● **ABOUT THIS TASK**:
If a line below contains the string "rest", return that line.

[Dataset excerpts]
========================

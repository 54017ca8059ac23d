-- ===== src/Tests/TorRuns.antt =====
-- The Tor reconciler and its defaults at concrete inputs.
use tor_controller.Controllers.Tor.Deployment.Selects.{tor_deployment-Selects}
use tor_controller.Controllers.Tor.Deployment.{tor_deployment}
use tor_controller.Controllers.Objects.Labels.{Selects}
use tor_controller.Controllers.Tor.Reconcile.Missing.{reconcile-unread}
use tor_controller.Kube.Types.{ServicePort}
use tor_controller.Kube.Client.{key_of}
use tor_controller.Kube.Memory.Client.{answer}
use tor_controller.Controllers.Equal.Ports.{ServedBy, port_exists_iff}
use tor_controller.Controllers.Equal.{port_exists}
use tor_controller.Controllers.Tor.Services.Live.{reconcile_service-always_updates}
use tor_controller.Controllers.Tor.Services.{
  has_some, get_tor_service_port_list, tor_service, reconcile_service,
}
use tor_controller.Controllers.Tor.Services.Ports.{defaults-has_some}
use tor_controller.Apis.TorUtil.Defaults.{
  set_tor_defaults-idempotent, set_tor_defaults-ready, set_tor_defaults-enables, all_ready,
  enabled_ports,
}
use tor_controller.Apis.Format.{suffixed}
use tor_controller.Apis.TorUtil.{
  service_account_name, set_tor_defaults, role_name, service_name, secret_name, set_ports_defaults,
  config_map_name, deployment_name, service_metrics_name, any_port_enabled,
}
use tor_controller.Base.{◌↔◌, ap}
use tor_controller.Apis.TorUtil.{role_name}
use tor_controller.Kube.Full.{
  at_place, example_tor, everything, full, full-ErrorLaws, full-ServerLaws,
}
use tor_controller.Base.{true, false, none, some, [], ◌∷◌, ◌≡◌, ◌≢◌, refl}
use tor_controller.Base.Exec.{ok, ◌>>=◌, attempt}
use tor_controller.Kube.Types.{Service}
use tor_controller.Kube.Client.{tor, service, role}
use tor_controller.Base.Exec.{err}
use tor_controller.Kube.Memory.{MemoryError, Store, stored, stored-own, missing}
use tor_controller.Kube.Memory.Client.{memory, memory-ErrorLaws, memory-ServerLaws}
use tor_controller.Apis.Types.{Tor}
use tor_controller.Controllers.Tor.Reconcile.{reconcile}
use tor_controller.Controllers.Tor.Reconcile.Safe.{reconcile-foreign}
use tor_controller.Controllers.Tor.Reconcile.Complete.{reconcile_complete, its_role}
use tor_controller.Tests.{
  other_place, other_service, cluster, example_config, request, other_service-stored, empty_cluster,
}

reconcile-foreign_example :
    stored (reconcile memory example_config request cluster).1 service other_place
    ≡ some other_service
unfolding memory-ServerLaws
reconcile-foreign_example =
    reconcile-foreign memory-ServerLaws example_config request cluster {j = service} other_place
      other_service other_service-stored (λ t h. refl) (λ (p, q). cc)

-- A Tor that is there, and whose children are there.
abbrev relay : Tor
relay = everything tor request

reconcile_complete_example :
    full-ServerLaws.contents
      (reconcile full example_config request tt).1
      role
      (record { name = role_name relay; namespace = "apps" })
    ≢ none
unfolding reconcile ◌>>=◌ attempt full-ServerLaws service_account_name suffixed set_tor_defaults
    role_name service_name secret_name set_ports_defaults config_map_name deployment_name
    service_metrics_name
reconcile_complete_example =
    reconcile_complete full-ServerLaws full-ErrorLaws example_config request tt relay refl refl role
      (record { name = role_name relay; namespace = "apps" }) its_role

reconcile-unread_example :
    ((reconcile memory example_config request empty_cluster).1
      ≡ (memory.get tor request empty_cluster).1)
    × (memory.is_not_found missing ≡ true
        → (reconcile memory example_config request empty_cluster).0 ≡ ok tt)
    × (memory.is_not_found missing ≡ false
        → (x : MemoryError) × ((reconcile memory example_config request empty_cluster).0 ≡ err x))
unfolding stored
reconcile-unread_example =
    reconcile-unread memory-ErrorLaws example_config request empty_cluster missing refl

set_tor_defaults-idempotent_example :
    set_tor_defaults (set_tor_defaults example_tor) ≡ set_tor_defaults example_tor
set_tor_defaults-idempotent_example = set_tor_defaults-idempotent example_tor

set_tor_defaults-ready_example : all_ready (set_tor_defaults example_tor) ≡ true
set_tor_defaults-ready_example = set_tor_defaults-ready example_tor

set_tor_defaults-enables_example :
    (any_port_enabled example_tor.spec ≡ true
      → enabled_ports (set_tor_defaults example_tor) ≡ enabled_ports example_tor)
    × (any_port_enabled example_tor.spec ≡ false
        → enabled_ports (set_tor_defaults example_tor)
          ≡ false ∷ false ∷ (false ∷ false ∷ false ∷ false ∷ true ∷ false ∷ []))
set_tor_defaults-enables_example = set_tor_defaults-enables example_tor

defaults-has_some_example :
    has_some (get_tor_service_port_list (set_tor_defaults example_tor)) ≡ true
defaults-has_some_example = defaults-has_some example_tor

abbrev http : ServicePort
http = record { name = "http"; protocol = "TCP"; port = 80; target_port = 8080 }

abbrev asked : ServicePort
asked = record { name = "http"; protocol = "TCP"; port = 0; target_port = 0 }

port_exists_iff_example : port_exists (http ∷ []) asked ≡ true ↔ ServedBy (http ∷ []) asked
port_exists_iff_example = port_exists_iff (http ∷ []) asked

abbrev own_service : Service
own_service = record {
  object_meta = record (at_place other_place) {
    owner_references =
        memory.new_controller_ref example_tor.object_meta
          (record { group = ""; version = ""; kind = "Tor" })
        ∷ [];
  };
  spec = record { selector = []; ports = []; cluster_ip = "10.0.0.1"; rest = "" };
  status = "";
}

abbrev own_cluster : Store
own_cluster tor n = some example_tor
own_cluster service n = some own_service
own_cluster k n = none

own_service-read :
    (memory.get service (key_of service (tor_service memory example_tor)) own_cluster).0
    ≡ ok own_service
unfolding tor_service service_name suffixed
own_service-read = ap answer (stored-own own_cluster service own_service refl)

reconcile_service-always_updates_example :
    (reconcile_service memory example_tor own_cluster).1
    ≡ (memory.update service
        (tor_service memory example_tor)
        (memory.get service (key_of service (tor_service memory example_tor)) own_cluster).1).1
reconcile_service-always_updates_example =
    reconcile_service-always_updates memory example_tor own_cluster own_service own_service-read
      refl (λ p. cc)

tor_deployment-Selects_example : Selects (tor_deployment memory example_config example_tor).0
tor_deployment-Selects_example = tor_deployment-Selects memory example_config example_tor
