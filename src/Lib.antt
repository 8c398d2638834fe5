-- ===== src/Lib.antt =====
-- A model of the exchange simulator, with the theorems that make its parts correct. The program is a limit
-- order book with price-time priority, fed by a binary order entry protocol, published by a binary market
-- data feed, and replayed from a journal of sequenced commands.
--
-- The parts, and the files that model them:
-- - Types: the enumerations and structs of include/exsim/types.hpp; Types/Codes has their byte codes,
--   Types/Names their names.
-- - Codec: `Writer::pod` and `Reader` of include/exsim/util/codec.hpp, over lists of bytes, as a state
--   passed from read to read that stops at the first short read.
-- - Checksum: `fnv1a64`, `mix64` and `hash_combine` of include/exsim/util/checksum.hpp.
-- - Frame: the header, length and checksum that src/order_entry.cpp and src/market_data.cpp share.
--   `seal` writes a frame, `open_frame` tests and opens one.
-- - Protocol: src/order_entry.cpp. `encode_client_command`, `encode_client_command_frame` (a fixed array
--   written at running positions), `decode_client_command` and `validate_client_command`.
-- - MarketData: src/market_data.cpp. `encode_md_event`, `encode_md_event_frame`, `decode_md_event`, and
--   `FeedDecoder` as a record with its step `decode`.
-- - Journal: src/journal.cpp. A file is the list of its bytes; `append` writes a record, `JournalReader`
--   has what is not read yet and the error, `next` is one call, and `read_all` is the loop
--   `while (auto sc = rd.next())` around it.
-- - OrderBook: `OrderBook` of src/order_book.cpp and include/exsim/core/order_book.hpp. OrderBook/State
--   has the state as records (node pool, free list, id index, and for each side its levels, bitmap, level
--   count and best index), OrderBook/Bitmap the bitmaps, OrderBook/Nodes the private operations on nodes
--   and levels, and OrderBook the public ones. Each operation takes the book and returns the new book with
--   its result; `Run` has the exceptions of the constructor. OrderBook/Digest is `checksum`.
--   OrderBook/Queues is the abstract view of a book, the nodes of each price level in the order of their
--   arrival, and OrderBook/Invariant says what it is that the parts of a book describe such queues
--   (`IsBook`), and follows each operation: the record `IsSound` adds the price band, and `IsSettled` that
--   no bid is at the level of an ask or above. OrderBook/Totals is a book without the totals of its levels,
--   and OrderBook/Feeds says when events lead from one book to another (`Feeds`), for each command.
-- - BookManager: `BookManager` of src/order_book.cpp, the books by symbol and the map from order to symbol.
--   BookManager/Invariant has its invariant, that every book is settled, and BookManager/Digest `checksum`.
--   BookManager/Agreement says that the map agrees with the books (`IsAgreed`), and follows each command;
--   BookManager/Agreement/Lost is the replace at a price out of the band.
-- - Risk: src/risk.cpp, `check` and `on_market_data` on the accounts. Risk/Digest is `checksum`, which goes
--   through a hash map in an order that is a parameter.
--   Risk/Window compares the queue of an account with all the messages that it has sent (`IsTracked`).
-- - Exchange: src/exchange.cpp. `apply_sequenced` is the sequence number and the journal (`next_after`,
--   `journal_after`), then `execute`: the risk checks, the books (`run_command`), and `publish`, which
--   numbers the events and accounts for them. `replay_loop` is the loop of `replay_journal`, which
--   stands in Exchange/Digest with `checksum`. Exchange/Mirror follows a subscriber beside the exchange:
--   `run_feed` has the events of a session, and `IsOrderly` says which sessions.
-- - Subscriber: src/subscriber.cpp, the books that a subscriber builds from the frames of the feed.
--   Subscriber/Follow and Subscriber/Frames take lists of events and of frames, up to the first error;
--   `Mirrors` in Subscriber/Mirror compares the books of a subscriber with those of the exchange, but for
--   the totals of the levels. A total has 32 bits; `execute_head` takes an execution off it with wrap-around,
--   and `remove_node`, through which a subscriber executes an order completely, stops at 0.
-- - Base: lists, numbers, bits, 64-bit integers, maps, and `Run`.
-- - Tests: runs at fixed inputs, and the theorems at inputs that meet their hypotheses.
--
-- The order book writes `Add`, `Cancel` and `Execute` events; the market data encoder makes frames of them,
-- and a decoder on the other side gives the events back. Commands come in as frames through the decoder of
-- Protocol; the journal has the same fields behind a sequence number and a time.
--
-- Numbers: a field of `w` bits is a number whose range stands in `IsClientCommand`, `IsMdEvent` or
-- `IsSequencedCommand`; arithmetic that wraps in the code has `% 2 ^ w`. A `Price` is an integer, written
-- to the wire in two's complement. Vector indices read without a bounds check give a default value.
--
-- Fuel: the matching loop of `add_order` runs for one round more than there are live orders, since each
-- round but the last removes one; the loops of `OrderBook::checksum` for one round more than there are
-- levels, and for the orders of a level one more than there are nodes. Their results say when rounds ran
-- out. `read_all` takes the number of rounds from its caller, and so do `replay_loop` and
-- `replay_journal`, which need one more than there are records.
--
-- Bounds: a pool of fewer than `kNull` nodes has room for one more. The code does not test this.
--
-- Not modelled: file streams and their failures, and `flush`; the state behind an exception; overflow of
-- signed prices; tools, bench and tests.
pub mod Base
pub mod Types
pub mod Codec
pub mod Checksum
pub mod Frame
pub mod Protocol
pub mod MarketData
pub mod Journal
pub mod OrderBook
pub mod BookManager
pub mod Risk
pub mod Exchange
pub mod Subscriber
pub mod Tests
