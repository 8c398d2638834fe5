-- ===== src/Base/Bits.antt =====
-- The bit operations on numbers of any width, by the value of each binary digit.
use Prim.Native.Nat.{
  ℕ, zero, suc, ◌+◌, ◌-◌, ◌*◌, ◌/◌, ◌%◌, ◌^◌, ◌≤◌, ◌<◌, min, max, digits, differ, bit_and, bit_or,
  bit_xor, bit_and-bitwise, bit_or-bitwise, bit_xor-bitwise,
}
use mathlib.Core.Path.{◌≡◌, refl, ap}
use native.Mathlib.Omega.{arith}
use native.Mathlib.Nat.{pow-suc, one-le-pow}
use native.Mathlib.Numerals.{add-one}
use exchange_and_feed_handle.Base.Tests.{◌==◌, if◌then◌else◌}

-- Digit `i` of `x`.
unfoldable pub bit : ℕ → ℕ → ℕ
bit x zero = x % 2
bit x (suc i) = bit (x / 2) i

-- The native operations are recursions on digits with fuel, which any bound on the first argument
-- can stand for.
module _ (z : ℕ → ℕ) (f : ℕ → ℕ → ℕ) where
  any_fuel : (n m a b : ℕ) → a ≤ n → a ≤ m → digits z f n a b ≡ digits z f m a b
  any_fuel zero zero a b p q = refl
  any_fuel (suc n) zero zero b p q = refl
  any_fuel (suc n) zero (suc a) b p q = absurd (omega arith)
  any_fuel zero (suc m) zero b p q = refl
  any_fuel zero (suc m) (suc a) b p q = absurd (omega arith)
  any_fuel (suc n) (suc m) zero b p q = refl
  any_fuel (suc n) (suc m) (suc a) b p q =
      rw (any_fuel n m (suc a / 2) (b / 2) (omega arith) (omega arith))

halve-bit_and : (x y : ℕ) → min (x % 2) (y % 2) + 2 * bit_and (x / 2) (y / 2) ≡ bit_and x y
halve-bit_and zero y = simp bit_and-bitwise (omega arith)
halve-bit_and (suc x) y = omega (
  arith,
  bit_and-bitwise (suc x) y,
  bit_and-bitwise (suc x / 2) (y / 2),
  any_fuel (λ _. 0) min x (suc x / 2) (suc x / 2) (y / 2) (omega arith) (omega arith),
)

halve-bit_or : (x y : ℕ) → max (x % 2) (y % 2) + 2 * bit_or (x / 2) (y / 2) ≡ bit_or x y
halve-bit_or zero y = simp bit_or-bitwise (omega arith)
halve-bit_or (suc x) y = omega (
  arith,
  bit_or-bitwise (suc x) y,
  bit_or-bitwise (suc x / 2) (y / 2),
  any_fuel (λ y. y) max x (suc x / 2) (suc x / 2) (y / 2) (omega arith) (omega arith),
)

pub bit-lt : (x i : ℕ) → bit x i < 2
unfolding bit
bit-lt x zero = omega arith
bit-lt x (suc i) = bit-lt (x / 2) i

pub bit-bit_and : (a b i : ℕ) → bit (bit_and a b) i ≡ min (bit a i) (bit b i)
unfolding bit
bit-bit_and a b zero = omega (arith, halve-bit_and a b)
bit-bit_and a b (suc i) =
    let half : bit_and a b / 2 ≡ bit_and (a / 2) (b / 2) = omega (arith, halve-bit_and a b) in
    rw half (bit-bit_and (a / 2) (b / 2) i)

pub bit-bit_or : (a b i : ℕ) → bit (bit_or a b) i ≡ max (bit a i) (bit b i)
unfolding bit
bit-bit_or a b zero = omega (arith, halve-bit_or a b)
bit-bit_or a b (suc i) =
    let half : bit_or a b / 2 ≡ bit_or (a / 2) (b / 2) = omega (arith, halve-bit_or a b) in
    rw half (bit-bit_or (a / 2) (b / 2) i)

pub bit-zero : (i : ℕ) → bit 0 i ≡ 0
unfolding bit
bit-zero zero = refl
bit-zero (suc i) = bit-zero i

pub bit-pow : (b i : ℕ) → bit (2 ^ b) i ≡ (if b == i then 1 else 0)
unfolding bit
bit-pow zero zero = refl
bit-pow zero (suc i) = ground (arith, bit-zero i)
bit-pow (suc b) zero = ground (arith, pow-suc 2 b)
bit-pow (suc b) (suc i) =
    let half : 2 ^ suc b / 2 ≡ 2 ^ b = omega (arith, pow-suc 2 b) in
    rw half (ground (arith, bit-pow b i))

-- A number below `2 ^ w` has no digit from place `w` on.
pub bit-high : (w x i : ℕ) → x < 2 ^ w → w ≤ i → bit x i ≡ 0
unfolding bit
bit-high zero x i h p = let e : x ≡ 0 = omega arith in rw e (bit-zero i)
bit-high (suc w) x zero h p = absurd (omega arith)
bit-high (suc w) x (suc i) h p = bit-high w (x / 2) i (omega (arith, pow-suc 2 w)) (omega arith)

differ_digits : (x y : ℕ) → x < 2 → y < 2 → differ x y ≡ (x + y) % 2
differ_digits zero y p q = omega arith
differ_digits (suc zero) zero p q = refl
differ_digits (suc zero) (suc zero) p q = refl
differ_digits (suc zero) (suc (suc y)) p q = absurd (omega arith)
differ_digits (suc (suc x)) y p q = absurd (omega arith)

bit_xor_step : (a b : ℕ) → bit_xor a b ≡ bit_xor (a / 2) (b / 2) * 2 + (a % 2 + b % 2) % 2
bit_xor_step zero b = simp bit_xor-bitwise (omega arith)
bit_xor_step (suc a) b = omega (
  arith,
  bit_xor-bitwise (suc a) b,
  bit_xor-bitwise (suc a / 2) (b / 2),
  any_fuel (λ y. y) differ a (suc a / 2) (suc a / 2) (b / 2) (omega arith) (omega arith),
  differ_digits (suc a % 2) (b % 2) (omega arith) (omega arith),
)

-- `c` determines `a` from `a ^ c`.
bit_xor-cancel_fuel : (n a b c : ℕ) → a ≤ n → b ≤ n → bit_xor a c ≡ bit_xor b c → a ≡ b
bit_xor-cancel_fuel zero a b c p q e = omega arith
bit_xor-cancel_fuel (suc n) a b c p q e = omega (
  arith,
  bit_xor_step a c,
  bit_xor_step b c,
  bit_xor-cancel_fuel n (a / 2) (b / 2) (c / 2) (omega arith) (omega arith)
      (omega (arith, bit_xor_step a c, bit_xor_step b c)),
)

pub bit_xor-cancel : (a b c : ℕ) → bit_xor a c ≡ bit_xor b c → a ≡ b
bit_xor-cancel a b c e = bit_xor-cancel_fuel (a + b) a b c (omega arith) (omega arith) e

bit_xor-cancel_left_fuel : (n a b c : ℕ) → b ≤ n → c ≤ n → bit_xor a b ≡ bit_xor a c → b ≡ c
bit_xor-cancel_left_fuel zero a b c p q e = omega arith
bit_xor-cancel_left_fuel (suc n) a b c p q e = omega (
  arith,
  bit_xor_step a b,
  bit_xor_step a c,
  bit_xor-cancel_left_fuel n (a / 2) (b / 2) (c / 2) (omega arith) (omega arith)
      (omega (arith, bit_xor_step a b, bit_xor_step a c)),
)

pub bit_xor-cancel_left : (a b c : ℕ) → bit_xor a b ≡ bit_xor a c → b ≡ c
bit_xor-cancel_left a b c e = bit_xor-cancel_left_fuel (b + c) a b c (omega arith) (omega arith) e

pub bit_xor-lt : (w a b : ℕ) → a < 2 ^ w → b < 2 ^ w → bit_xor a b < 2 ^ w
bit_xor-lt zero a b p q =
    let ea : a ≡ 0 = omega arith in let eb : b ≡ 0 = omega arith in rw (ea, eb) (omega arith)
bit_xor-lt (suc w) a b p q = omega (
  arith,
  bit_xor_step a b,
  pow-suc 2 w,
  bit_xor-lt w (a / 2) (b / 2) (omega (arith, pow-suc 2 w)) (omega (arith, pow-suc 2 w)),
)

bit_and-zero_fuel : (n a : ℕ) → a ≤ n → bit_and a 0 ≡ 0
bit_and-zero_fuel zero a h = let e : a ≡ 0 = omega arith in rw e
bit_and-zero_fuel (suc n) zero h = refl
bit_and-zero_fuel (suc n) (suc a) h =
    omega (arith, halve-bit_and (suc a) 0, bit_and-zero_fuel n (suc a / 2) (omega arith))

-- `x & (1 << b)`
pub bit_and-pow : (x b : ℕ) → bit_and x (2 ^ b) ≡ bit x b * 2 ^ b
unfolding bit
bit_and-pow x zero =
    omega (arith, halve-bit_and x 1, bit_and-zero_fuel (x / 2) (x / 2) (omega arith))
bit_and-pow x (suc b) =
    let half : 2 ^ suc b / 2 ≡ 2 ^ b = omega (arith, pow-suc 2 b) in
    let twice : bit (x / 2) b * 2 ^ suc b ≡ bit (x / 2) b * 2 ^ b * 2 =
      omega (arith, ap (λ (t : ℕ). bit (x / 2) b * t) (pow-suc 2 b)) in
    omega (
      arith,
      halve-bit_and x (2 ^ suc b),
      pow-suc 2 b,
      twice,
      ap (λ (t : ℕ). bit_and (x / 2) t) half,
      bit_and-pow (x / 2) b,
    )

bit-ones : (w i : ℕ) → i < w → bit (2 ^ w - 1) i ≡ 1
unfolding bit
bit-ones zero i h = absurd (omega arith)
bit-ones (suc w) zero h = omega (arith, pow-suc 2 w, one-le-pow w 2)
bit-ones (suc w) (suc i) h =
    let half : (2 ^ suc w - 1) / 2 ≡ 2 ^ w - 1 = omega (arith, pow-suc 2 w) in
    rw half (bit-ones w i (omega arith))

pub pow-lt : (b w : ℕ) → b < w → 2 ^ b < 2 ^ w
pow-lt b zero h = absurd (omega arith)
pow-lt zero (suc w) h = omega (arith, pow-suc 2 w, one-le-pow w 2)
pow-lt (suc b) (suc w) h = omega (arith, pow-suc 2 w, pow-suc 2 b, pow-lt b w (omega arith))

-- The digits of `~(1 << b)` in a word of `w` digits.
pub bit-mask : (w b i : ℕ) → b < w → i < w → bit (2 ^ w - 1 - 2 ^ b) i ≡ (if b == i then 0 else 1)
unfolding bit
bit-mask zero b i p q = absurd (omega arith)
bit-mask (suc w) zero zero p q = omega (arith, pow-suc 2 w)
bit-mask (suc w) zero (suc i) p q =
    let half : (2 ^ suc w - 1 - 2 ^ 0) / 2 ≡ 2 ^ w - 1 = omega (arith, pow-suc 2 w) in
    rw half (ground (arith, bit-ones w i))
bit-mask (suc w) (suc b) zero p q = ground (arith, pow-suc 2 w, pow-suc 2 b, pow-lt b w)
bit-mask (suc w) (suc b) (suc i) p q =
    let half : (2 ^ suc w - 1 - 2 ^ suc b) / 2 ≡ 2 ^ w - 1 - 2 ^ b =
      omega (arith, pow-suc 2 w, pow-suc 2 b) in
    rw half (ground (arith, bit-mask w b i))

pub bit_or-lt : (w a b : ℕ) → a < 2 ^ w → b < 2 ^ w → bit_or a b < 2 ^ w
bit_or-lt zero a b p q =
    let ea : a ≡ 0 = omega arith in let eb : b ≡ 0 = omega arith in rw (ea, eb) (omega arith)
bit_or-lt (suc w) a b p q = omega (
  arith,
  halve-bit_or a b,
  pow-suc 2 w,
  bit_or-lt w (a / 2) (b / 2) (omega (arith, pow-suc 2 w)) (omega (arith, pow-suc 2 w)),
)

pub bit_and-le : (n a b : ℕ) → a ≤ n → bit_and a b ≤ a
bit_and-le zero a b h = let e : a ≡ 0 = omega arith in rw e (omega (arith, bit_and-bitwise 0 b))
bit_and-le (suc n) zero b h = omega (arith, bit_and-bitwise 0 b)
bit_and-le (suc n) (suc a) b h =
    omega (arith, halve-bit_and (suc a) b, bit_and-le n (suc a / 2) (b / 2) (omega arith))

pub bit-add_one : (x i : ℕ) → bit x (i + 1) ≡ bit (x / 2) i
unfolding bit
bit-add_one x i = rw add-one
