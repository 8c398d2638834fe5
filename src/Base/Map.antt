-- ===== src/Base/Map.antt =====
-- `std::unordered_map` with number keys: an association list with at most one entry for a key.
use Prim.Native.Nat.{ℕ, ◌≤◌, ◌<◌}
use mathlib.Core.Path.{◌≡◌}
use mathlib.Core.Bool.{Bool, true, false}
use mathlib.Core.List.{List, [], ◌∷◌}
use mathlib.Core.Option.{Option, none, some}
use native.Mathlib.Omega.{arith}
use exchange_and_feed_handle.Base.Tests.{◌==◌, if◌then◌else◌}
use exchange_and_feed_handle.Base.Lists.{length}

abbrev pub Map {ℓ} : Type ℓ → Type ℓ
Map V = List (ℕ × V)

module _ {ℓ} {V : Type ℓ} where
  unfoldable pub lookup : ℕ → Map V → Option V
  lookup k [] = none
  lookup k ((j, v) ∷ m) = if j == k then some v else lookup k m

  -- `m.erase(k)`
  unfoldable pub erase : ℕ → Map V → Map V
  erase k [] = []
  erase k ((j, v) ∷ m) = let rest = erase k m in if j == k then rest else (j, v) ∷ rest

  -- `m[k] = v`
  unfoldable pub insert : ℕ → V → Map V → Map V
  unfolding erase
  insert k v m = (k, v) ∷ erase k m

  unfoldable pub contains : ℕ → Map V → Bool
  unfolding lookup
  contains k m = elim (lookup k m) [ none ↦ false | some _ ↦ true ]

  abbrev pub size : Map V → ℕ
  size m = length m

  pub lookup-erase :
      (k j : ℕ) (m : Map V) → lookup j (erase k m) ≡ (if k == j then none else lookup j m)
  unfolding lookup erase
  lookup-erase k j [] = ground arith
  lookup-erase k j ((i, v) ∷ m) = ground (arith, lookup-erase k j m)

  pub lookup-insert :
      (k j : ℕ) (v : V) (m : Map V)
      → lookup j (insert k v m) ≡ (if k == j then some v else lookup j m)
  unfolding insert lookup
  lookup-insert k j v m = ground (arith, lookup-erase k j m)

  size-erase_le : (k : ℕ) (m : Map V) → length (erase k m) ≤ length m
  unfolding erase
  size-erase_le k [] = omega arith
  size-erase_le k ((j, v) ∷ m) = ground (arith, size-erase_le k m)

  pub size-erase_lt :
      (k : ℕ) (v : V) (m : Map V) → lookup k m ≡ some v → length (erase k m) < length m
  unfolding lookup erase
  size-erase_lt k v [] e = cc
  size-erase_lt k v ((j, w) ∷ m) e = ground (arith, size-erase_le k m, size-erase_lt k v m)

  pub contains-erase :
      (k j : ℕ) (m : Map V) → contains j (erase k m) ≡ (if k == j then false else contains j m)
  unfolding contains
  contains-erase k j m = rw (contains, lookup-erase k j m) (ground arith)

  pub contains-insert :
      (k j : ℕ) (v : V) (m : Map V)
      → contains j (insert k v m) ≡ (if k == j then true else contains j m)
  unfolding contains
  contains-insert k j v m = rw (contains, lookup-insert k j v m) (ground arith)
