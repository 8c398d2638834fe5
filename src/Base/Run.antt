-- ===== src/Base/Run.antt =====
-- The outcome of code that can throw, or whose loop the model gives only so many rounds.
use mathlib.Core.Path.{◌≡◌, refl}

pub data Exception : Type 0 where
  invalid_argument out_of_range : Exception

pub data Run {ℓ} (A : Type ℓ) : Type ℓ where
  ok : A → Run A
  throws : Exception → Run A
  out_of_fuel : Run A

infixl 5 ◌>>=◌
abbrev pub ◌>>=◌ {ℓ κ} : {A : Type ℓ} {B : Type κ} → Run A → (A → Run B) → Run B
ok a >>= f = f a
throws e >>= f = throws e
out_of_fuel >>= f = out_of_fuel

-- A chain that returns had a first part that returned.
pub >>=-returns {ℓ κ} :
    {A : Type ℓ} {B : Type κ} (run : Run A) (rest : A → Run B) (b : B)
    → (run >>= rest) ≡ ok b
    → (mid : A) × (rest mid ≡ ok b) × (run ≡ ok mid)
>>=-returns (ok mid) rest b e = (mid, e, refl)
>>=-returns (throws x) rest b e = cc
>>=-returns out_of_fuel rest b e = cc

========================

● **ANSWER FOR THE TASK**:
  spec = record { selector = []; ports = []; cluster_ip = "10.0.0.1"; rest = "" };
  erase k ((j, v) ∷ m) = let rest = erase k m in if j == k then rest else (j, v) ∷ rest
    {A : Type ℓ} {B : Type κ} (run : Run A) (rest : A → Run B) (b : B)
    → (run >>= rest) ≡ ok b
    → (mid : A) × (rest mid ≡ ok b) × (run ≡ ok mid)
>>=-returns (ok mid) rest b e = (mid, e, refl)
>>=-returns (throws x) rest b e = cc
>>=-returns out_of_fuel rest b e = cc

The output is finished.